- [What needs to be done] Restate only the tail of the data below, starting at the line that contains "find_key_in-new [] id h = tt" and including the last line, word for word.

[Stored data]
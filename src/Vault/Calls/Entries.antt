-- ===== src/Vault/Calls/Entries.antt =====
-- The lists of entries under the loops of the methods.
use touchvault.Base.{ℤ, Bytes, Text, List, [], ◌∷◌, ◌++◌, some, none, false, ◌≡◌, ◌≢◌}
use touchvault.Base.{
  All, All-of_map, All-to_map, Distinct, All-append, arith, list_eq, list_eq_iff, int_eq,
  int_eq_iff, nat_Eq,
}
use touchvault.Base.{Bool-cases, Option-cases, inl, inr, map}
use touchvault.Sealed.Document.{SealedKey, SealedSecret}
use touchvault.Sealed.Find.{find_key_in, slot_in}
use touchvault.Sealed.Parse.Valid.{names_of}
use touchvault.Vault.Session.{put_secret, delete_secret, keys_without}

module _ {κ} (Q : SealedSecret → Type κ) where
  pub put_secret-All :
      (e : SealedSecret) (ss : List SealedSecret) → Q e → All Q ss → All Q (put_secret e ss)
  unfolding put_secret
  put_secret-All e [] q h = (q, tt)
  put_secret-All e (s ∷ ss) q h = elim (Bool-cases (list_eq s.name e.name)) [
    | inl same ↦ rw same (q, h.1)
    | inr differ ↦ rw differ (h.0, put_secret-All e ss q h.1)
  ]

  pub delete_secret-All :
      (name : Text) (ss kept : List SealedSecret)
      → delete_secret name ss ≡ some kept
      → All Q ss
      → All Q kept
  unfolding delete_secret
  delete_secret-All name [] kept h a = absurd (ground arith)
  delete_secret-All name (s ∷ ss) kept h a = elim (Option-cases (delete_secret name ss)) [
    | inl missing ↦ let e : ss ≡ kept = ground arith in rw (← e) a.1
    | inr (kept', found) ↦ elim (Bool-cases (list_eq s.name name)) [
      | inl same ↦ let e : ss ≡ kept = ground arith in rw (← e) a.1
      | inr differ ↦
          let e : s ∷ kept' ≡ kept = ground arith in
          rw (← e) (a.0, delete_secret-All name ss kept' found a.1)
    ]
  ]

-- An entry's name is new to a list, as a predicate on entries.
abbrev NotNamed : Text → SealedSecret → Type 0
NotNamed name s = name ≢ s.name

pub put_secret-names_differ :
    (e : SealedSecret) (ss : List SealedSecret)
    → Distinct (names_of ss)
    → Distinct (names_of (put_secret e ss))
unfolding put_secret
put_secret-names_differ e [] h = (tt, tt)
put_secret-names_differ e (s ∷ ss) h = elim (Bool-cases (list_eq s.name e.name)) [
  | inl same ↦ rw (same, ← (list_eq_iff s.name e.name).0 same) h
  | inr differ ↦ rw differ (
    All-to_map (λ n. s.name ≢ n) (λ t. t.name) (put_secret e ss)
        (put_secret-All (NotNamed s.name) e ss (λ q. ground (arith, list_eq_iff s.name e.name))
          (All-of_map (λ n. s.name ≢ n) (λ t. t.name) ss h.0)),
    put_secret-names_differ e ss h.1,
  )
]

pub delete_secret-names_differ :
    (name : Text) (ss kept : List SealedSecret)
    → delete_secret name ss ≡ some kept
    → Distinct (names_of ss)
    → Distinct (names_of kept)
unfolding delete_secret
delete_secret-names_differ name [] kept h d = absurd (ground arith)
delete_secret-names_differ name (s ∷ ss) kept h d = elim (Option-cases (delete_secret name ss)) [
  | inl missing ↦ let e : ss ≡ kept = ground arith in rw (← e) d.1
  | inr (kept', found) ↦ elim (Bool-cases (list_eq s.name name)) [
    | inl same ↦ let e : ss ≡ kept = ground arith in rw (← e) d.1
    | inr differ ↦
        let e : s ∷ kept' ≡ kept = ground arith in
        rw (← e) (
          All-to_map (λ n. s.name ≢ n) (λ t. t.name) kept'
              (delete_secret-All (NotNamed s.name) name ss kept' found
                (All-of_map (λ n. s.name ≢ n) (λ t. t.name) ss d.0)),
          delete_secret-names_differ name ss kept' found d.1,
        )
  ]
]

module _ {κ} (Q : SealedKey → Type κ) where
  pub keys_without-All : (slot : ℤ) (ks : List SealedKey) → All Q ks → All Q (keys_without slot ks)
  unfolding keys_without
  keys_without-All slot [] h = tt
  keys_without-All slot (k ∷ ks) h = elim (Bool-cases (int_eq k.slot slot)) [
    | inl same ↦ rw same (keys_without-All slot ks h.1)
    | inr differ ↦ rw differ (h.0, keys_without-All slot ks h.1)
  ]

module _ {B : Type 0} (f : SealedKey → B) where
  -- A field that differs in all keys differs in those that are kept.
  pub keys_without-Distinct :
      (slot : ℤ) (ks : List SealedKey)
      → Distinct (map f ks)
      → Distinct (map f (keys_without slot ks))
  unfolding keys_without
  keys_without-Distinct slot [] h = tt
  keys_without-Distinct slot (k ∷ ks) h = elim (Bool-cases (int_eq k.slot slot)) [
    | inl same ↦ rw same (keys_without-Distinct slot ks h.1)
    | inr differ ↦ rw differ (
      All-to_map (λ b. f k ≢ b) f (keys_without slot ks)
          (keys_without-All (λ j. f k ≢ f j) slot ks (All-of_map (λ b. f k ≢ b) f ks h.0)),
      keys_without-Distinct slot ks h.1,
    )
  ]

  -- A key whose field is new goes behind the others.
  pub append-Distinct :
      (ks : List SealedKey) (e : SealedKey)
      → All (λ k. f k ≢ f e) ks
      → Distinct (map f ks)
      → Distinct (map f (ks ++ (e ∷ [])))
  append-Distinct [] e new h = (tt, tt)
  append-Distinct (k ∷ ks) e new h = (
    All-to_map (λ b. f k ≢ b) f (ks ++ (e ∷ []))
        (All-append (λ j. f k ≢ f j) ks (e ∷ []) (All-of_map (λ b. f k ≢ b) f ks h.0) (new.0, tt)),
    append-Distinct ks e new.1 h.1,
  )

pub slot_in-new :
    (ks : List SealedKey) (slot : ℤ) → slot_in ks slot ≡ false → All (λ k. k.slot ≢ slot) ks
unfolding slot_in
slot_in-new [] slot h = tt
slot_in-new (k ∷ ks) slot h = (
  ground (arith, int_eq_iff k.slot slot),
  slot_in-new ks slot (ground (arith, int_eq_iff k.slot slot)),
)

pub find_key_in-new :
    (ks : List SealedKey) (id : Bytes)
    → find_key_in ks id ≡ none
    → All (λ k. k.credential_id ≢ id) ks
unfolding find_key_in
find_key_in-new [] id h = tt
find_key_in-new (k ∷ ks) id h = (
  ground (arith, list_eq_iff k.credential_id id),
  find_key_in-new ks id (ground (arith, list_eq_iff k.credential_id id)),
)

- [Exercise solution]
find_key_in-new [] id h = tt
find_key_in-new (k ∷ ks) id h = (
  ground (arith, list_eq_iff k.credential_id id),
  find_key_in-new ks id (ground (arith, list_eq_iff k.credential_id id)),
)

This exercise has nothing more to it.